Incêndio terá sido provocado por faíscas decorativas colocadas demasiado perto do teto
As autoridades confirmaram que o bar Le Constellation não foi alvo de qualquer inspeção de segurança, auditoria ou investigação durante cinco anos. Em conferência de imprensa, citada pela BBC, o autarca da cidade de Crans-Montana reconheceu não ter, para já, uma explicação para essa falha, manifestou pesar pelo sucedido e admitiu que a câmara terá de assumir responsabilidades, sublinhando que a situação já foi comunicada ao Governo.
No entanto, garantiu que não se vai demitir do cargo.
"Não me vou demitir, não, e não quero", afirmou Nicolas Feraud, acrescentando que a sua equipa foi eleita pela população de Crans-Montana e “não vamos abandonar o navio neste momento” uma vez que têm de estar presentes para ajudar os residentes.
O incêndio terá sido provocado por faíscas decorativas colocadas demasiado perto do teto.
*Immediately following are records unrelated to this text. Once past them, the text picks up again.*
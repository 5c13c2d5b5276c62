-- ===== src/Pipeline/Local/Files.antt =====
-- The choice of a model file in `run_generation_local` of src/pipeline/inference_pipeline.cpp.
use socrates.Prelude.{
  ℕ, ◌+◌, ◌-◌, ◌^◌, Bool, false, not, ◌&&◌, ◌||◌, Option, none, some, List, [], ◌∷◌, ◌++◌, map,
  if◌then◌else◌, ltb, leb, is_empty, is_some, any_of, Text, text, text_eq,
}
use socrates.Persistence.Json.{after}

-- An entry of a directory; a size that cannot be read is none.
pub record File : Type 0 where
  pub name : Text
  pub extension : Text
  pub size : Option ℕ

-- `tolower`
abbrev pub to_lower : ℕ → ℕ
to_lower c = if leb 65 c && leb c 90 then c + 32 else c

-- The ids that are known, and what the name of a file must contain.
abbrev pub fragments : List (Text × Text)
fragments =
    (text "llama3-8b", text "llama-3-8b")
    ∷ (text "qwen3-1.8b", text "1.5b")
    ∷ (text "qwen3-4b", text "3b")
    ∷ (text "qwen3-6b", text "7b")
    ∷ (text "gemma12b", text "9b")
    ∷ (text "gemma26b", text "27b")
    ∷ (text "gemma4-26b", text "gemma-4")
    ∷ []

unfoldable pub matches : Text → Text → Bool
matches model_id name =
    any_of
      (λ ((id, fragment) : Text × Text).
        text_eq (map to_lower model_id) id && is_some (after fragment (map to_lower name)))
      fragments

abbrev pub big_enough : Option ℕ → Bool
big_enough none = false
big_enough (some n) = leb 1000000 n

abbrev pub size_or_max : Option ℕ → ℕ
size_or_max none = 2 ^ 64 - 1
size_or_max (some n) = n

-- A match ends the loop; without an id the first file is taken.
unfoldable pub scan_files : Text → Text → List File → Text → ℕ → Text × ℕ
scan_files dir model_id [] path best_size = (path, best_size)
scan_files dir model_id (f ∷ fs) path best_size =
    let here = dir ++ (text "/" ++ f.name) in
    let size = size_or_max f.size in
    let passed = scan_files dir model_id fs path best_size in
    let smaller =
      scan_files dir model_id fs
        (if not (is_empty path) || not (is_empty model_id) then path else here) size in
    if not (text_eq f.extension (text ".gguf")) || not (big_enough f.size)
    then passed
    else if not (is_empty model_id) && matches model_id f.name
    then (here, best_size)
    else if ltb size best_size
    then smaller
    else passed

-- A directory that does not exist is none.
unfoldable pub scan_dirs : List (Text × Option (List File)) → Text → Text → ℕ → Text
scan_dirs [] model_id path best_size = path
scan_dirs ((dir, none) ∷ dirs) model_id path best_size = scan_dirs dirs model_id path best_size
scan_dirs ((dir, some files) ∷ dirs) model_id path best_size =
    let found = scan_files dir model_id files path best_size in
    let later = scan_dirs dirs model_id found.0 found.1 in
    if is_empty found.0 then later else found.0

abbrev pub path_or_none : Text → Option Text
path_or_none path = if is_empty path then none else some path

-- The files of the master's directory and of the worker's.
unfoldable pub find_model_file : Option (List File) → Option (List File) → Text → Option Text
find_model_file master worker model_id = path_or_none (
    scan_dirs
      ((text "/tmp/socrates-master/models", master)
        ∷ (text "/tmp/socrates-worker/models", worker)
        ∷ [])
      model_id [] (2 ^ 64 - 1))
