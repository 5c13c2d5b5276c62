-- ===== src/Pipeline/Queue/Batches.antt =====
-- The batches of the dispatcher of src/pipeline/inference_pipeline.cpp.
use socrates.Prelude.{
  ℕ, zero, suc, ◌-◌, ◌≤◌, ◌<◌, ◌≡◌, refl, sym, ap, subst, ◌∙◌, Bool, true, false, not, List, [],
  ◌∷◌, ◌++◌, if◌then◌else◌, ltb, length, length-append, all_of, all_of-append, is_empty, arith, ◌⊎◌,
  inl, inr, and_intro,
}
use socrates.Pipeline.{ActiveRequest, BatchingConfig}
use socrates.Pipeline.Store.{Pipeline, QueuedRequest, is_long_context, is_active}
use socrates.Pipeline.Queue.{collect, with_queue, dispatch_batch, fill_and_dispatch, adaptive_round}

abbrev is_short : BatchingConfig → QueuedRequest → Bool
is_short cfg q = not (is_long_context cfg q)

abbrev still_active : List ActiveRequest → List QueuedRequest → List QueuedRequest
still_active states [] = []
still_active states (q ∷ qs) =
    let rest = still_active states qs in if is_active states q.state then q ∷ rest else rest

-- Why no more of the queue was taken: nothing is left, the batch is full, or a long request is next.
abbrev Stopped : BatchingConfig → ℕ → List QueuedRequest → Type 0
Stopped cfg room [] = Unit {0}
Stopped cfg room (q ∷ qs) = (room ≡ 0) ⊎ (is_long_context cfg q ≡ true)

pub record Collected (cfg : BatchingConfig) (states : List ActiveRequest) (room : ℕ)
    (queue batch rest : List QueuedRequest) : Type 0 where
  pub taken : List QueuedRequest
  pub in_order : queue ≡ taken ++ rest
  pub filtered : batch ≡ still_active states taken
  pub short : all_of (is_short cfg) batch ≡ true
  pub bound : length batch ≤ room
  pub stopped : Stopped cfg (room - length batch) rest

module _ (cfg : BatchingConfig) (states : List ActiveRequest) (room : ℕ) (q : QueuedRequest)
    (qs : List QueuedRequest) where
  stop_long : is_long_context cfg q ≡ true → Collected cfg states room (q ∷ qs) [] (q ∷ qs)
  stop_long h = record {
    taken = [];
    in_order = refl;
    filtered = refl;
    short = refl;
    bound = omega arith;
    stopped = inr h;
  }

  drop_inactive :
      (batch rest : List QueuedRequest)
      → is_active states q.state ≡ false
      → Collected cfg states room qs batch rest
      → Collected cfg states room (q ∷ qs) batch rest
  drop_inactive batch rest h c = record {
    taken = q ∷ c.taken;
    in_order = ap (◌∷◌ q) c.in_order;
    filtered = rw h c.filtered;
    short = c.short;
    bound = c.bound;
    stopped = c.stopped;
  }

  take_active :
      (batch rest : List QueuedRequest)
      → is_long_context cfg q ≡ false
      → is_active states q.state ≡ true
      → Collected cfg states room qs batch rest
      → Collected cfg states (suc room) (q ∷ qs) (q ∷ batch) rest
  take_active batch rest l h c =
      let fewer : room - length batch ≡ suc room - length (q ∷ batch) = omega arith in
      record {
        taken = q ∷ c.taken;
        in_order = ap (◌∷◌ q) c.in_order;
        filtered = rw h (ap (◌∷◌ q) c.filtered);
        short = rw l c.short;
        bound = omega (arith, c.bound);
        stopped = subst (λ k. Stopped cfg k rest) fewer c.stopped;
      }

choose :
    {cfg : BatchingConfig} {states : List ActiveRequest} {room : ℕ} {queue : List QueuedRequest}
    (t : Bool) (x y : List QueuedRequest × List QueuedRequest)
    → (t ≡ true → Collected cfg states room queue x.0 x.1)
    → (t ≡ false → Collected cfg states room queue y.0 y.1)
    → Collected cfg states room queue (if t then x else y).0 (if t then x else y).1
choose true x y f g = f refl
choose false x y f g = g refl

-- A batch is what a front part of the queue has of requests that are still active, in the queue's order;
-- it has no long request and no more than there is room for, and more was not taken because the
-- queue was empty, the batch full, or a long request next.
collect-Collected :
    (cfg : BatchingConfig) (states : List ActiveRequest) (room : ℕ) (queue : List QueuedRequest)
    → Collected cfg states room queue
        (collect cfg states room queue).0
        (collect cfg states room queue).1
unfolding collect
collect-Collected cfg states room [] = record {
  taken = [];
  in_order = refl;
  filtered = refl;
  short = refl;
  bound = omega arith;
  stopped = tt;
}
collect-Collected cfg states zero (q ∷ qs) = record {
  taken = [];
  in_order = refl;
  filtered = refl;
  short = refl;
  bound = omega arith;
  stopped = inl refl;
}
collect-Collected cfg states (suc room) (q ∷ qs) =
    let taken = collect cfg states room qs in
    let dropped = collect cfg states (suc room) qs in
    let kept : List QueuedRequest × List QueuedRequest = (q ∷ taken.0, taken.1) in
    let long : List QueuedRequest × List QueuedRequest = ([], q ∷ qs) in
    let active = is_active states q.state in
    choose (is_long_context cfg q) long (if active then kept else dropped)
      (stop_long cfg states (suc room) q qs)
      (λ l.
        choose active kept dropped
          (λ a.
            take_active cfg states room q qs taken.0 taken.1 l a
              (collect-Collected cfg states room qs))
          (λ a.
            drop_inactive cfg states (suc room) q qs dropped.0 dropped.1 a
              (collect-Collected cfg states (suc room) qs)))

dispatch_nothing : (p : Pipeline) → p ≡ dispatch_batch [] p
unfolding dispatch_batch
dispatch_nothing p = refl

-- The requests that a round takes from the queue, and the pipeline that it dispatches them in: a front
-- part of the queue at once, if nothing was found or the batch is full; otherwise what was found at
-- first with a front part of the queue that the wait left.
pub data Gathered (during : Pipeline → Pipeline) (p : Pipeline)
    : List QueuedRequest → Pipeline → Type 0 where
  at_once :
      {batch rest : List QueuedRequest}
      → Collected p.batching_config p.states p.batching_config.max_batch_size p.pending_queue batch
          rest
      → (is_empty batch ≡ true) ⊎ (length batch ≡ p.batching_config.max_batch_size)
      → Gathered during p batch (with_queue p rest)
  after_wait :
      {batch rest more rest' : List QueuedRequest}
      → Collected p.batching_config p.states p.batching_config.max_batch_size p.pending_queue batch
          rest
      → is_empty batch ≡ false
      → length batch < p.batching_config.max_batch_size
      → Collected p.batching_config
          (during (with_queue p rest)).states
          (p.batching_config.max_batch_size - length batch)
          (during (with_queue p rest)).pending_queue
          more
          rest'
      → Gathered during p (batch ++ more) (with_queue (during (with_queue p rest)) rest')

-- The outcome of a round: what was gathered is dispatched, request by request.
pub record Dispatches (during : Pipeline → Pipeline) (p outcome : Pipeline) : Type 0 where
  pub members : List QueuedRequest
  pub before : Pipeline
  pub gathered : Gathered during p members before
  pub done : outcome ≡ dispatch_batch members before
  pub bound : length members ≤ p.batching_config.max_batch_size
  pub short : all_of (is_short p.batching_config) members ≡ true

pick_outcome :
    {during : Pipeline → Pipeline} {p : Pipeline} (t : Bool) (x y : Pipeline)
    → (t ≡ true → Dispatches during p x)
    → (t ≡ false → Dispatches during p y)
    → Dispatches during p (if t then x else y)
pick_outcome true x y f g = f refl
pick_outcome false x y f g = g refl

both_short :
    (cfg : BatchingConfig) (a b : List QueuedRequest)
    → all_of (is_short cfg) a ≡ true
    → all_of (is_short cfg) b ≡ true
    → all_of (is_short cfg) (a ++ b) ≡ true
both_short cfg a b p q = all_of-append (is_short cfg) a b ∙ and_intro _ _ p q

nothing_in : (batch : List QueuedRequest) → is_empty batch ≡ true → batch ≡ []
nothing_in [] h = refl
nothing_in (q ∷ qs) h = absurd (cc)

has_room : (a b : ℕ) → ltb a b ≡ true → a < b
has_room a b h = ground arith

is_full : (a b : ℕ) → a ≤ b → ltb a b ≡ false → a ≡ b
is_full a b le h = ground arith

-- An adaptive round dispatches a batch in the queue's order: the requests of a front part of the queue
-- that are still active, and, if there are some but fewer than `max_batch_size`, then also those of a
-- front part of the queue that other threads leave after the wait. A front part ends where the batch
-- is full, at a long request, or with the queue. So at most `max_batch_size` requests are dispatched
-- and none of them is long, whatever other threads do to the queue during the wait.
pub adaptive_round-Dispatches :
    (during : Pipeline → Pipeline) (p : Pipeline) → Dispatches during p (adaptive_round during p)
unfolding adaptive_round fill_and_dispatch
adaptive_round-Dispatches during p =
    let cfg = p.batching_config in
    let first = collect cfg p.states cfg.max_batch_size p.pending_queue in
    let c = collect-Collected cfg p.states cfg.max_batch_size p.pending_queue in
    let p₁ = with_queue p first.1 in
    let p₂ = during p₁ in
    let room = cfg.max_batch_size - length first.0 in
    let second = collect cfg p₂.states room p₂.pending_queue in
    let d = collect-Collected cfg p₂.states room p₂.pending_queue in
    pick_outcome (is_empty first.0) p₁ _
      (λ e. record {
        members = first.0;
        before = p₁;
        gathered = at_once c (inl e);
        done = dispatch_nothing p₁ ∙ ap (λ b. dispatch_batch b p₁) (sym (nothing_in first.0 e));
        bound = c.bound;
        short = c.short;
      })
      (λ some_found.
        pick_outcome (ltb (length first.0) cfg.max_batch_size) _ _
          (λ e. record {
            members = first.0 ++ second.0;
            before = with_queue p₂ second.1;
            gathered = after_wait c some_found (has_room _ _ e) d;
            done = refl;
            bound = omega (arith, length-append first.0 second.0, c.bound, d.bound);
            short = both_short cfg first.0 second.0 c.short d.short;
          })
          (λ e. record {
            members = first.0;
            before = p₁;
            gathered = at_once c (inr (is_full _ _ c.bound e));
            done = refl;
            bound = c.bound;
            short = c.short;
          }))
Perante esta conclusão, as autoridades locais anunciaram a proibição imediata de todos os tipos de faíscas em espaços de diversão noturna da região.
Na conferência de imprensa foi ainda revelado que havia duas saídas no bar que se incendiaram e que para a dimensão do bar, não era necessário um alarme de incêndio.
O presidente da câmara de Crans-Montana afirmou que cabe aos proprietários do bar Le Constellation garantir o cumprimento das regras de segurança, incluindo o controlo do número de pessoas no interior do espaço. Segundo Nicolas Feraud, a verificação do respeito pelos limites legais de lotação é da responsabilidade da gerência do estabelecimento, cabendo à justiça apurar eventuais responsabilidades pelo incêndio mortal.
O edifício, construído em 1977, foi alvo de uma ampliação em 2015 para incluir uma esplanada exterior coberta. As inspeções realizadas na altura incidiram apenas sobre essa zona exterior, não tendo avaliado as alterações no interior.
Segundo o presidente da câmara, as revisões anuais costumam avaliar riscos de incêndio em áreas como cozinhas e verificar equipamentos de segurança, mas a legislação em vigor não prevê a análise de materiais de insonorização nos tetos.
As autoridades esclareceram que, quando os donos do bar solicitaram o alargamento do horário de funcionamento, foram feitas verificações relacionadas com os níveis de ruído, mas nunca “verificou o estado dos painéis de espuma e se eram à prova de fogo”. As imagens do interior do espaço mostram que o teto estava coberto com esse tipo de material, que terá ardido depois de ter sido atingido por faíscas decorativas usadas no interior do bar.
O autarca garantiu que os serviços municipais teriam atuado de imediato caso tivessem sido alertados para problemas de segurança, acrescentando ainda que teria sido preferível que eventuais preocupações tivessem sido comunicadas antes da tragédia, sublinhando que as críticas surgiram apenas depois do incêndio.
"Teria gostado muito mais que estas pessoas viessem gritar à minha porta e dissessem que esta é uma questão de “não se, mas quando”. É muito fácil vir chorar e gritar agora contra nós, mas e antes?", afirmou Feraud.
A câmara municipal reforça que está a colaborar com as autoridades e que a determinação de responsabilidades cabe agora aos tribunais.
A autarquia está a colaborar com a gerência do bar para apurar o que aconteceu, garantindo transparência, enquanto a determinação de responsabilidades caberá às autoridades competentes. Foi ainda ordenada uma auditoria a todos os estabelecimentos da zona e o reforço das inspeções de segurança.
O incêndio fez 40 mortos e mais de cem feridos.